Well done. The roadster doesn't look too bad but not impressed by the Coupe. What's with the vertical slots?


----------



## Templar

moro anis said:


> Well done. The roadster doesn't look too bad but not impressed by the Coupe. What's with the vertical slots?


Fake brake air ducts maybe....

I think those wheels are also available now as an option too :roll:


----------



## gogs

I have those wheels fitted to my TT, RS6 alloys in 19"

Sent from my iPhone using the interweb


----------



## moro anis

The more I look at the Coupe, the more I dislike it and wonder if it's just another ploy?
Naff ducting,
No front spoiler,
No splitter,
Available wheels

Lets hope that's not it. As I said, The Magnificent Seven is much more interesting.


----------



## moro anis

I suppose the only pluses are the TTS parts - mirrors, four exhausts, roll over bars and rear diffuser.


----------



## Smoothie

Templar said:


> Back on topic, I've found another couple of images. Might be the closest look of the new mk3 yet...
> 
> http://image.automobilemag.com/f/featur ... gether.jpg


I think theres more Photoshop there than Mk3TT. Looking at those renders and comparing it to the video the doors on the car in the video are flat and not sculptured like on the above render. And the rear of the car on the video looks more like a Mk1 TT with the exhausts being more central and flush with the body work.

I'm guessing I know - some of those panels might be disguise. But looking at those headlights they do look similar to the R8 and that Quattro concept. I hope it doesn't become the Audi 'look' across the range - it would make the TT blend in rather than have its own style and character.


----------



## Templar

Yep...we'll just have to wait and see at the launch in March.


----------



## ZephyR2

Its just a Photoshop creation from someone's imagination. Nothing in the picture stacks up.


----------



## lude219

I hope audi doesn't incorporate those awful vertical front ducts. Functional or not, esthetically it doesn't belong.


----------



## moro anis

They's also play havoc with the aerodynamics when going flat into a corner :lol:


----------



## Outlaw

From what I can see in the test track photos the MK3 looks very good. As some others have said it looks like a R8 from the front, MK2 from the side, and a combination of MK1 and MK2 from the back. All blended together very well. Now if Audi would release the car with a VR6 engine option it would be perfect!


----------



## Templar

Outlaw said:


> From what I can see in the test track photos the MK3 looks very good. As some others have said it looks like a R8 from the front, MK2 from the side, and a combination of MK1 and MK2 from the back. All blended together very well. Now if Audi would release the car with a VR6 engine option it would be perfect!

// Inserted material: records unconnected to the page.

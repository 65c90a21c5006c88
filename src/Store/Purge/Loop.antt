-- ===== src/Store/Purge/Loop.antt =====
-- The loop of expiredUIDs in internal/store/messages_purge.go: what it leaves of a list of messages.
use nexus_mail.Base.{
  ℕ, zero, suc, ◌+◌, ◌-◌, Bool, true, false, not, ◌&&◌, ◌||◌, List, [], ◌∷◌, ◌≡◌, refl, ap, ◌∙◌,
  take, filter, filter-same, All, ltb, ◌==◌, arith, if◌then◌else◌, Bool-cases, inl, inr,
}
use nexus_mail.Base.Text.{Unicode}
use nexus_mail.Model.{Message, RetentionPolicy}
use nexus_mail.Model.Flags.{has_flag, flag_flagged}
use nexus_mail.Store.{is_in}
use nexus_mail.Store.Purge.{is_too_old, is_beyond_cap, expired_loop}

-- No two messages have one UID.
abbrev pub DistinctUids : List Message → Type 0
DistinctUids [] = Unit
DistinctUids (m ∷ ms) = All (λ x. (m.uid == x.uid) ≡ false) ms × DistinctUids ms

take-nil : (n : ℕ) → take {A = Message} n [] ≡ []
take-nil zero = refl
take-nil (suc n) = refl

take-none : (n : ℕ) (ms : List Message) → n ≡ 0 → take n ms ≡ []
take-none n ms e = ap (λ i. take i ms) e

take-cons :
    (k n : ℕ) (m : Message) (ms : List Message) → n ≡ suc k → take n (m ∷ ms) ≡ m ∷ take k ms
take-cons k n m ms e = ap (λ i. take i (m ∷ ms)) e

abbrev pub is_flagged : Unicode → Message → Bool
is_flagged u m = has_flag u m flag_flagged

module _ (u : Unicode) (now : ℕ) (policy : RetentionPolicy) where
  -- A message that the age limit would keep, and the cap counts.
  abbrev pub is_recent : Message → Bool
  is_recent m = not (is_flagged u m) && not (is_too_old now policy m)

  -- The first of a list, as many as the cap still allows.
  abbrev pub within_cap : ℕ → List Message → List Message
  within_cap kept ms =
      if ltb 0 policy.max_messages then take (policy.max_messages - kept) ms else ms

  -- An unflagged message that a list of UIDs to delete leaves out.
  abbrev pub is_left : List ℕ → Message → Bool
  is_left doomed m = not (is_flagged u m) && not (is_in doomed m.uid)

  expired-OfUids :
      (kept uid : ℕ) (ms : List Message)
      → All (λ x. (uid == x.uid) ≡ false) ms
      → is_in (expired_loop u now policy kept ms) uid ≡ false
  unfolding expired_loop is_in
  expired-OfUids kept uid [] h = refl
  expired-OfUids kept uid (m ∷ ms) h =
      ground (arith, expired-OfUids kept uid ms h.1, expired-OfUids (kept + 1) uid ms h.1, h.0)

  -- Deleting `m` too changes nothing behind it.
  is_left-behind :
      (doomed : List ℕ) (m : Message) (xs : List Message)
      → All (λ x. (m.uid == x.uid) ≡ false) xs
      → All (λ x. is_left (m.uid ∷ doomed) x ≡ is_left doomed x) xs
  unfolding is_in
  is_left-behind doomed m [] h = tt
  is_left-behind doomed m (x ∷ xs) h = (ground (arith, h.0), is_left-behind doomed m xs h.1)

  abbrev pub loop : ℕ → List Message → List ℕ
  loop = expired_loop u now policy

  module _ (kept : ℕ) (m : Message) (ms : List Message) where
    loop-flagged : is_flagged u m ≡ true → loop kept (m ∷ ms) ≡ loop kept ms
    unfolding expired_loop
    loop-flagged h = ground arith

    loop-expired :
        is_flagged u m ≡ false
        → is_too_old now policy m || is_beyond_cap policy kept ≡ true
        → loop kept (m ∷ ms) ≡ m.uid ∷ loop kept ms
    unfolding expired_loop
    loop-expired h k = ground arith

    loop-stays :
        is_flagged u m ≡ false
        → is_too_old now policy m || is_beyond_cap policy kept ≡ false
        → loop kept (m ∷ ms) ≡ loop (kept + 1) ms
    unfolding expired_loop
    loop-stays h k = ground arith

  abbrev pub left : List ℕ → List Message → List Message
  left doomed ms = filter (is_left doomed) ms

  module _ (kept : ℕ) (m : Message) (ms : List Message) where
    left-drops :
        (doomed : List ℕ)
        → All (λ x. (m.uid == x.uid) ≡ false) ms
        → left (m.uid ∷ doomed) (m ∷ ms) ≡ left doomed ms
    unfolding is_in
    left-drops doomed apart =
        let same = filter-same _ (is_left doomed) ms (is_left-behind doomed m ms apart) in
        ground (arith, same)

    left-keeps :
        (doomed : List ℕ)
        → is_flagged u m ≡ false
        → is_in doomed m.uid ≡ false
        → left doomed (m ∷ ms) ≡ m ∷ left doomed ms
    left-keeps doomed plain absent = rw (plain, absent) refl

    within_cap-passes :
        is_flagged u m ≡ false
        → is_too_old now policy m || is_beyond_cap policy kept ≡ true
        → within_cap kept (filter is_recent ms) ≡ within_cap kept (filter is_recent (m ∷ ms))
    unfolding is_beyond_cap
    within_cap-passes plain expired =
        let none_more = take-none (policy.max_messages - kept) in
        ground (arith, none_more (filter is_recent ms), none_more (m ∷ filter is_recent ms))

    within_cap-counts :
        is_flagged u m ≡ false
        → is_too_old now policy m || is_beyond_cap policy kept ≡ false
        → m ∷ within_cap (kept + 1) (filter is_recent ms)
          ≡ within_cap kept (filter is_recent (m ∷ ms))
    unfolding is_beyond_cap
    within_cap-counts plain stays =
        let rest = filter is_recent ms in
        let step =
          take-cons (policy.max_messages - (kept + 1)) (policy.max_messages - kept) m rest in
        ground (arith, step)

  -- The unflagged messages that the loop leaves are the first recent ones, up to the cap.
  pub left-is_recent :
      (kept : ℕ) (ms : List Message)
      → DistinctUids ms
      → left (loop kept ms) ms ≡ within_cap kept (filter is_recent ms)
  unfolding expired_loop
  left-is_recent kept [] d = ground (arith, take-nil (policy.max_messages - kept))
  left-is_recent kept (m ∷ ms) d = elim (Bool-cases (is_flagged u m)) [
    | inl flagged ↦
        let h = left-is_recent kept ms d.1 in
        ap (λ doomed. left doomed (m ∷ ms)) (loop-flagged kept m ms flagged) ∙ rw flagged h
    | inr plain ↦ elim (Bool-cases (is_too_old now policy m || is_beyond_cap policy kept)) [
      | inl expired ↦
          let h = left-is_recent kept ms d.1 in
          ap (λ doomed. left doomed (m ∷ ms)) (loop-expired kept m ms plain expired)
          ∙ left-drops kept m ms (loop kept ms) d.0
          ∙ h
          ∙ within_cap-passes kept m ms plain expired
      | inr stays ↦
          let h = left-is_recent (kept + 1) ms d.1 in
          let apart = expired-OfUids (kept + 1) m.uid ms d.0 in
          ap (λ doomed. left doomed (m ∷ ms)) (loop-stays kept m ms plain stays)
          ∙ left-keeps kept m ms (loop (kept + 1) ms) plain apart
          ∙ ap (◌∷◌ m) h
          ∙ within_cap-counts kept m ms plain stays
    ]
  ]

  -- A flagged message that a list of UIDs to delete leaves out.
  abbrev pub spared : List ℕ → List Message → List Message
  spared doomed ms = filter (λ m. is_flagged u m && not (is_in doomed m.uid)) ms

  spared-behind :
      (doomed : List ℕ) (m : Message) (ms : List Message)
      → All (λ x. (m.uid == x.uid) ≡ false) ms
      → spared (m.uid ∷ doomed) ms ≡ spared doomed ms
  unfolding is_in
  spared-behind doomed m [] h = refl
  spared-behind doomed m (x ∷ ms) h = ground (arith, spared-behind doomed m ms h.1, h.0)

  pub spared-all :
      (kept : ℕ) (ms : List Message)
      → DistinctUids ms
      → spared (loop kept ms) ms ≡ filter (is_flagged u) ms
  spared-all kept [] d = refl
  spared-all kept (m ∷ ms) d = elim (Bool-cases (is_flagged u m)) [
    | inl flagged ↦
        let h = spared-all kept ms d.1 in
        let apart = expired-OfUids kept m.uid ms d.0 in
        ap (λ doomed. spared doomed (m ∷ ms)) (loop-flagged kept m ms flagged)
        ∙ rw (flagged, apart) (ap (◌∷◌ m) h)
    | inr plain ↦ elim (Bool-cases (is_too_old now policy m || is_beyond_cap policy kept)) [
      | inl expired ↦
          let h = spared-all kept ms d.1 in
          ap (λ doomed. spared doomed (m ∷ ms)) (loop-expired kept m ms plain expired)
          ∙ rw plain (spared-behind (loop kept ms) m ms d.0 ∙ h)
      | inr stays ↦
          let h = spared-all (kept + 1) ms d.1 in
          ap (λ doomed. spared doomed (m ∷ ms)) (loop-stays kept m ms plain stays) ∙ rw plain h
    ]
  ]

VR6... dont think ther will be much chance of that. It would play havoc with Audis total range emmision ratings. More lika a 'cylinder on demand' type affair similar in design to the new engines in the A1. I believe that emmision reductions will play a big part in the new range.


----------



## Hoggy

Hi, From Auto Express today.
http://www.autoexpress.co.uk/audi/tt/35 ... rice-specs
Hoggy.


----------



## Ikon66

Hoggy said:


> Hi, From Auto Express today.
> http://www.autoexpress.co.uk/audi/tt/35 ... rice-specs
> Hoggy.


Article is from June in the link :?


----------



## Hoggy

Ikon66 said:


> Hoggy said:
> 
> 
> 
> Hi, From Auto Express today.
> http://www.autoexpress.co.uk/audi/tt/35 ... rice-specs
> Hoggy.
> 
> 
> 
> Article is from June in the link :?
Click to expand...

Hi, The article is in Auto Express today. Have you seen this actual article before ?
Hoggy.


----------



## Snappy79

Hoggy said:


> Ikon66 said:
> 
> 
> 
> 
> 
> Hoggy said:
> 
> 
> 
> Hi, From Auto Express today.
> http://www.autoexpress.co.uk/audi/tt/35 ... rice-specs
> Hoggy.
> 
> 
> 
> Article is from June in the link :?
> 
> Click to expand...
> 
> Hi, The article is in Auto Express today. Have you seen this actual article before ?
> Hoggy.
Click to expand...

The

The article was posted on the website by Auto Express i Jule. Read the article date.

There are some strange opinions in the article. E.g the TTS will get have 275hp. I guess it will have a minimum of 300hp as the new S3.


----------



## Hoggy

Snappy79 said:


> The
> The article was posted on the website by Auto Express i Jule. Read the article date.
> 
> There are some strange opinions in the article. E.g the TTS will get have 275hp. I guess it will have a minimum of 300hp as the new S3.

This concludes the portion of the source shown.